Segment Open

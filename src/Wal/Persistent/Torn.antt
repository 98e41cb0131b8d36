-- ===== src/Wal/Persistent/Torn.antt =====
-- PersistentRaftWal::open (src/lib.rs) on a directory whose active file ends in a line that does not
-- read.
use rust_raft.Wal.Persistent.Filed.{
  IsFiled, keys-files_of, loaded_segment-lem, read_segment_file-calm,
}
use mathlib.Core.Path.{subst}
use rust_raft.Wal.Persistent.Disk.{
  append_file, ask, bind-ok, done, list_ids, read_file, set_len, sync_data, zeros, ◌>>=◌,
}
use rust_raft.Base.{
  ==_refl, Bool, List, String, [], ap, append-nil, arith, false, first, last_or, length,
  length-append, ltb, map, map_or, refl, some, sym, take, true, ℕ, ◌++◌, ◌-◌, ◌==◌, ◌∙◌, ◌∷◌, ◌≡◌,
}
use rust_raft.Base.BTreeMap.{BTreeMap, get, insert, keys}
use rust_raft.Types.{ok}
use rust_raft.Wal.Record.{WalRecord}
use rust_raft.Wal.Recovery.{All}
use rust_raft.Wal.Segments.{Segment}
use rust_raft.Wal.Persistent.Lines.{Codec, file_bytes, scan}
use rust_raft.Wal.Persistent.Scan.{IsWritten}
use rust_raft.Wal.Persistent.Files.{
  add_loaded, finish_scan, load_scan, read_files, read_segment_file, read_segments, truncate_file,
}
use rust_raft.Wal.Persistent.Roll.{calm}
use rust_raft.Wal.Persistent.Layout.{IsLayout, files_of, head-le-active}

take-length-append : (xs ys : List ℕ) → take (length xs) (xs ++ ys) ≡ xs
take-length-append [] ys = refl
take-length-append (x ∷ xs) ys = ap (◌∷◌ x) (take-length-append xs ys)

module _ (codec : Codec) where
  -- A line that does not read ends what the scan of these bytes finds, at the end of the records.
  abbrev pub IsTorn : List ℕ → Type 0
  IsTorn tail =
      (rs : List WalRecord)
      → All (IsWritten codec) rs
      → scan codec (file_bytes codec rs ++ tail)
        ≡ record { records = rs; valid_end = length (file_bytes codec rs); truncated = true }

  -- The cut leaves the records.
  truncate_file-calm :
      (id : ℕ) (b tail : List ℕ) (m : BTreeMap (List ℕ))
      → get id m ≡ some (b ++ tail)
      → truncate_file codec id (length b) (calm m) ≡ (calm (insert id b m), ok tt)
  unfolding truncate_file ask set_len sync_data
  truncate_file-calm id b tail m f =
      let n : length b - length (b ++ tail) ≡ 0 = omega (arith, length-append {0} b tail) in
      rw (f, truncate_file)
        (ap (λ x. (calm (insert id x m), ok tt))
          (ap (λ k. take (length b) (b ++ tail) ++ zeros k) n
            ∙ append-nil (take (length b) (b ++ tail))
            ∙ take-length-append b tail))

  read_segment_file-torn :
      (m : BTreeMap (List ℕ)) (s : Segment) (tail : List ℕ)
      → IsTorn tail
      → get s.segment_id m ≡ some (file_bytes codec s.records ++ tail)
      → All (IsWritten codec) s.records
      → read_segment_file codec s.segment_id (calm m)
        ≡ (calm (insert s.segment_id (file_bytes codec s.records) m), ok (s.records, true))
  unfolding read_segment_file read_file ask finish_scan
  read_segment_file-torn m s tail t f a =
      let id = s.segment_id in
      let what : String = "failed to open WAL segment: {err}" in
      let bytes = file_bytes codec s.records in
      let content : read_file what id (calm m) ≡ (calm m, ok (bytes ++ tail)) =
        rw (f, read_file) refl in
      bind-ok (read_file what id) (load_scan codec id) (calm m) content
      ∙ ap (λ found. finish_scan codec id found (calm m)) (t s.records a)
      ∙ bind-ok (truncate_file codec id (length bytes)) (λ _. done (s.records, true)) (calm m)
          (truncate_file-calm id bytes tail m f)

  -- All files but the last hold their segments; the last has `tail` behind its records.
  abbrev IsTornAt : BTreeMap (List ℕ) → List ℕ → List Segment → Type 0
  IsTornAt m tail [] = ⊥
  IsTornAt m tail (s ∷ []) = get s.segment_id m ≡ some (file_bytes codec s.records ++ tail)
  IsTornAt m tail (s ∷ t ∷ ss) = IsFiled codec m s × IsTornAt m tail (t ∷ ss)

  read_files-torn :
      (m : BTreeMap (List ℕ)) (active : ℕ) (tail : List ℕ) (s : Segment) (ss : List Segment)
      → IsTorn tail
      → IsLayout codec active (s ∷ ss)
      → IsTornAt m tail (s ∷ ss)
      → read_files codec (map (λ (s : Segment). s.segment_id) (s ∷ ss)) (calm m)
        ≡ (calm (insert active (file_bytes codec (last_or s ss).records) m), ok (s ∷ ss, true))
  unfolding read_files
  read_files-torn m active tail s [] t (e, h) f =
      let n = insert s.segment_id (file_bytes codec s.records) m in
      bind-ok (read_segment_file codec s.segment_id)
        (λ (p : List WalRecord × Bool).
          read_files codec [] >>= add_loaded codec s.segment_id p.0 p.1 [])
        (calm m) (read_segment_file-torn m s tail t f h.written)
      ∙ ap (λ (x : Segment). (calm n, ok (x ∷ [], true))) (loaded_segment-lem codec false s h)
      ∙ ap (λ id. (calm (insert id (file_bytes codec s.records) m), ok (s ∷ [], true))) e
  read_files-torn m active tail s (t ∷ ss) torn (l, h, c) (f, a) =
      let rest = map (λ (s : Segment). s.segment_id) (t ∷ ss) in
      let n = insert active (file_bytes codec (last_or t ss).records) m in
      bind-ok (read_segment_file codec s.segment_id)
        (λ (p : List WalRecord × Bool).
          read_files codec rest >>= add_loaded codec s.segment_id p.0 p.1 rest)
        (calm m) (read_segment_file-calm codec m s f h.written)
      ∙ bind-ok (read_files codec rest) (add_loaded codec s.segment_id s.records false rest)
          (calm m) (read_files-torn m active tail t ss torn c a)
      ∙ ap (λ (x : Segment). (calm n, ok (x ∷ t ∷ ss, true))) (loaded_segment-lem codec true s h)

  -- Bytes written behind the active file.
  IsTornAt-cons :
      (k active : ℕ) (b tail : List ℕ) (m : BTreeMap (List ℕ)) (ss : List Segment)
      → IsLayout codec active ss
      → map_or true (λ (s : Segment). ltb k s.segment_id) (first ss) ≡ true
      → IsTornAt m tail ss
      → IsTornAt ((k, b) ∷ m) tail ss
  unfolding get
  IsTornAt-cons k active b tail m [] l h a = a
  IsTornAt-cons k active b tail m (s ∷ []) (e, i) h f =
      let n : (k == s.segment_id) ≡ false = ground arith in rw n f
  IsTornAt-cons k active b tail m (s ∷ t ∷ ss) (l, i, c) h (f, a) =
      let n : (k == s.segment_id) ≡ false = ground arith in
      (rw n f, IsTornAt-cons k active b tail m (t ∷ ss) c (ground arith) a)

  append_file-IsTornAt :
      (active : ℕ) (tail : List ℕ) (ss : List Segment)
      → IsLayout codec active ss
      → IsTornAt (append_file active tail (files_of codec ss)) tail ss
  unfolding append_file files_of get
  append_file-IsTornAt active tail [] l = l
  append_file-IsTornAt active tail (s ∷ []) (e, h) =
      let t : (s.segment_id == active) ≡ true = ground arith in
      rw t (rw (==_refl s.segment_id) refl)
  append_file-IsTornAt active tail (s ∷ t ∷ ss) (l, h, c) =
      let f : (s.segment_id == active) ≡ false =
        ground (arith, head-le-active codec active t ss c) in
      let b = file_bytes codec s.records in
      let rest = append_file active tail (files_of codec (t ∷ ss)) in
      let e : append_file active tail (files_of codec (s ∷ t ∷ ss)) ≡ (s.segment_id, b) ∷ rest =
        rw f refl in
      subst (λ m. IsTornAt m tail (s ∷ t ∷ ss)) (sym e)
        (
          rw (==_refl s.segment_id) refl,
          IsTornAt-cons s.segment_id active b tail rest (t ∷ ss) c (ground arith)
              (append_file-IsTornAt active tail (t ∷ ss) c),
        )

  -- Written again as it was, the active file loses them.
  insert-append_file :
      (active : ℕ) (tail : List ℕ) (s : Segment) (ss : List Segment)
      → IsLayout codec active (s ∷ ss)
      → insert active
          (file_bytes codec (last_or s ss).records)
          (append_file active tail (files_of codec (s ∷ ss)))
        ≡ files_of codec (s ∷ ss)
  unfolding files_of insert append_file
  insert-append_file active tail s [] (e, h) = ground arith
  insert-append_file active tail s (t ∷ ss) (l, h, c) =
      let z : (s.segment_id == active) ≡ false =
        ground (arith, head-le-active codec active t ss c) in
      let f : (active == s.segment_id) ≡ false =
        ground (arith, head-le-active codec active t ss c) in
      let g : ltb active s.segment_id ≡ false =
        ground (arith, head-le-active codec active t ss c) in
      rw z (
        rw f (
          rw g (
            ap (◌∷◌ (s.segment_id, file_bytes codec s.records))
              (insert-append_file active tail t ss c))))

  keys-append_file :
      (active : ℕ) (tail : List ℕ) (m : BTreeMap (List ℕ))
      → keys (append_file active tail m) ≡ keys m
  unfolding keys append_file
  keys-append_file active tail [] = refl
  keys-append_file active tail ((j, b) ∷ m) = ground (arith, keys-append_file active tail m)

  -- Reading cuts the tail off and finds what the log had written before it.
  pub read_segments-torn :
      (active : ℕ) (tail : List ℕ) (ss : List Segment)
      → IsTorn tail
      → IsLayout codec active ss
      → read_segments codec (calm (append_file active tail (files_of codec ss)))
        ≡ (calm (files_of codec ss), ok (ss, true))
  unfolding read_segments list_ids ask
  read_segments-torn active tail [] t l = absurd l
  read_segments-torn active tail (s ∷ ss) t l =
      let m = append_file active tail (files_of codec (s ∷ ss)) in
      ap (λ k. read_files codec k (calm m))
        (keys-append_file active tail (files_of codec (s ∷ ss)) ∙ keys-files_of codec (s ∷ ss))
      ∙ read_files-torn m active tail s ss t l (append_file-IsTornAt active tail (s ∷ ss) l)
      ∙ ap (λ x. (calm x, ok (s ∷ ss, true))) (insert-append_file active tail s ss l)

Segment Closed

# [What to do]
Count the lines in the records that include the word "Base". Report the total alone.

# [Exercise result]
2